Last up is a Mugen purple starter box complete with a pair of LRP 1600 matched battery packs, deans connectors installed, and a intellipeak AC/DC charger/discharger. As you can see from the pictures, the box is pretty clean as far as starter boxes go. The batteries charge fully, the belts, wheel, & motors all are in good condition. All four pegs are on the top. The handle & plastic has no cracks, and there are no missing screws. $50 shipped gets it. I will sell this outright locally for $30.....but because of the overall weight of the package, the shipping is high. I prefer local pick up for the $30, but if you want it shipped, I will gladly do so for the $50 price.

The best way to get a hold of me is to email me directly at [email protected]

I don't always check these boards, so if you reply to this thread or send me a PM, I may not be able to get back with you immediately.

Paypal only, or cash for local pick up. My paypal is my email address above.

All of the motors are sold as is and are consider used or for parts

I also have more detailed pictures available if you want them....I just didn't want to flood this thread with 40 pictures or so! Just email me and I'll send you what I've got.


----------



## nik77356 (Jun 8, 2007)

hey courtney, wheres my finders fee? haha jk


----------



## Courtney Vaughan (Apr 11, 2007)

It's called "you still owe me MORE money for gas from last weekend" fee!


----------



## muddflaps77 (Dec 1, 2007)

my radical has about 6 gallons on it and it still SCREAMS


----------



## jerry23 (Sep 16, 2005)

hey courtney. id like to get your radical when i get the extra coin.


----------



## Courtney Vaughan (Apr 11, 2007)

Guys, the Radical was purchased from a guy in Austin. I was told that it had 3 gallons through it, but you never know. When I purchase stuff from people (especially motors), I just assume that it has been used 1.5 to 2 times as much as they are actually saying. That said, this motor may really have 3 gallons on it. But based on my experience checking motors (and I've check A LOT of them), I'd guestimate about 5 gallons. I ran this motor in one of my ebay cars just to check it, and it idled great and started easily. I took the backplate off and the rod looks ok and there isn't much play in it. So, I would confidently say that it still has some life left in it. With a pinch and maybe a set of bearings, it's probably got a lot of life left in it. 

That's the story on it.

Josh, hope that answers your question you PM'd me.

Jerry, good to see you around again.
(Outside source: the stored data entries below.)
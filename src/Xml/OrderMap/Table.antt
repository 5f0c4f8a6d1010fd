-- ===== src/Xml/OrderMap/Table.antt =====
-- xml/order-map.ts: the table ORDER_MAP.
use ksef_client_ts.Base.{List, [], ◌∷◌, String}
use ksef_client_ts.Base.Dict.{Dict}

abbrev faktura_order : List String
faktura_order = "Naglowek" ∷ "Podmiot1" ∷ "Podmiot2" ∷ "Podmiot3" ∷ "Fa" ∷ "Stopka" ∷ []

abbrev naglowek_order : List String
naglowek_order = "KodFormularza" ∷ "WariantFormularza" ∷ "DataWytworzeniaFa" ∷ "SystemInfo" ∷ []

abbrev podmiot1_order : List String
podmiot1_order =
    "PrefiksPodatnika" ∷ "NrEORI" ∷ "DaneIdentyfikacyjne" ∷ "Adres" ∷ "AdresKoresp"
    ∷ "DaneKontaktowe" ∷ "StatusInfoPodatnika" ∷ []

abbrev podmiot2_order : List String
podmiot2_order =
    "NrEORI" ∷ "DaneIdentyfikacyjne" ∷ "Adres" ∷ "AdresKoresp" ∷ "DaneKontaktowe" ∷ "NrKlienta"
    ∷ "IDNabywcy" ∷ "JST" ∷ "GV" ∷ []

abbrev podmiot3_order : List String
podmiot3_order =
    "IDNabywcy" ∷ "NrEORI" ∷ "DaneIdentyfikacyjne" ∷ "Adres" ∷ "AdresKoresp" ∷ "DaneKontaktowe"
    ∷ "Rola" ∷ "Udzial" ∷ []

abbrev dane_identyfikacyjne_order : List String
dane_identyfikacyjne_order =
    "NIP" ∷ "IDWew" ∷ "KodUE" ∷ "NrVatUE" ∷ "KodKraju" ∷ "NrID" ∷ "BrakID" ∷ "Nazwa"
    ∷ "Identyfikator" ∷ "KRS" ∷ []

abbrev adres_order : List String
adres_order = "KodKraju" ∷ "AdresL1" ∷ "AdresL2" ∷ "AdresL3" ∷ []

abbrev dane_kontaktowe_order : List String
dane_kontaktowe_order = "Email" ∷ "Telefon" ∷ []

abbrev fa_order : List String
fa_order =
    "KodWaluty" ∷ "P_1" ∷ "P_1M" ∷ "P_2" ∷ "WZ" ∷ "P_6" ∷ "OkresFa" ∷ "P_13_1" ∷ "P_14_1"
    ∷ "P_14_1W" ∷ "P_13_2" ∷ "P_14_2" ∷ "P_14_2W" ∷ "P_13_3" ∷ "P_14_3" ∷ "P_14_3W" ∷ "P_13_4"
    ∷ "P_14_4" ∷ "P_14_4W" ∷ "P_13_5" ∷ "P_14_5" ∷ "P_13_6_1" ∷ "P_13_6_2" ∷ "P_13_6_3" ∷ "P_13_7"
    ∷ "P_13_8" ∷ "P_13_9" ∷ "P_13_10" ∷ "P_13_11" ∷ "P_15" ∷ "KursWalutyZ" ∷ "Adnotacje"
    ∷ "RodzajFaktury" ∷ "PrzyczynaKorekty" ∷ "TypKorekty" ∷ "DaneFaKorygowanej"
    ∷ "OkresFaKorygowanej" ∷ "NrFaKorygowany" ∷ "Podmiot1K" ∷ "Podmiot2K" ∷ "Podmiot3K"
    ∷ "ZaliczkaCzesciowa" ∷ "FP" ∷ "TP" ∷ "DodatkowyOpis" ∷ "FakturaZaliczkowa" ∷ "ZwrotAkcyzy"
    ∷ "FaWiersz" ∷ "FaWiersze" ∷ "Rozliczenie" ∷ "Platnosc" ∷ []

abbrev adnotacje_order : List String
adnotacje_order =
    "P_16" ∷ "P_17" ∷ "P_18" ∷ "P_18A" ∷ "Zwolnienie" ∷ "NoweSrodkiTransportu" ∷ "P_23" ∷ "PMarzy"
    ∷ []

abbrev okres_fa_order : List String
okres_fa_order = "P_6_Od" ∷ "P_6_Do" ∷ []

abbrev fa_wiersz_order : List String
fa_wiersz_order =
    "NrWierszaFa" ∷ "UU_ID" ∷ "P_6A" ∷ "P_7" ∷ "Indeks" ∷ "GTIN" ∷ "PKWiU" ∷ "CN" ∷ "PKOB" ∷ "P_8A"
    ∷ "P_8B" ∷ "P_9A" ∷ "P_9B" ∷ "P_10" ∷ "P_11" ∷ "P_11A" ∷ "P_11Vat" ∷ "P_12" ∷ "P_12_XII"
    ∷ "P_12_Zal_15" ∷ "KwotaAkcyzy" ∷ "GTU" ∷ "Procedura" ∷ "KursWaluty" ∷ "StanPrzed" ∷ []

abbrev pub order_map : Dict (List String)
order_map =
    ("Faktura", faktura_order)
    ∷ ("Naglowek", naglowek_order)
    ∷ ("Podmiot1", podmiot1_order)
    ∷ ("Podmiot2", podmiot2_order)
    ∷ ("Podmiot3", podmiot3_order)
    ∷ ("DaneIdentyfikacyjne", dane_identyfikacyjne_order)
    ∷ ("Adres", adres_order)
    ∷ ("DaneKontaktowe", dane_kontaktowe_order)
    ∷ ("Fa", fa_order)
    ∷ ("Adnotacje", adnotacje_order)
    ∷ ("OkresFa", okres_fa_order)
    ∷ ("FaWiersz", fa_wiersz_order)
    ∷ []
It'd be a good time for you to get back in the game! You should come hang out with us for a while at the next race up at Mikes in July. Heard from Phil?


----------



## jerry23 (Sep 16, 2005)

i been sick the last week. just starting to clear up. got some things the next couple of weekends. but im getting back in. talk to phil from time to time. we live in the same hood. i have a radical 621t with the pipe i have on it, it was ballistic. But im coming back. Just gonna take a little time.


----------



## Courtney Vaughan (Apr 11, 2007)

good to hear man.......I'll look forward to it!

I know that Phil probably wouldn't go to Mike's, but he's welcome to come race at our other races.


----------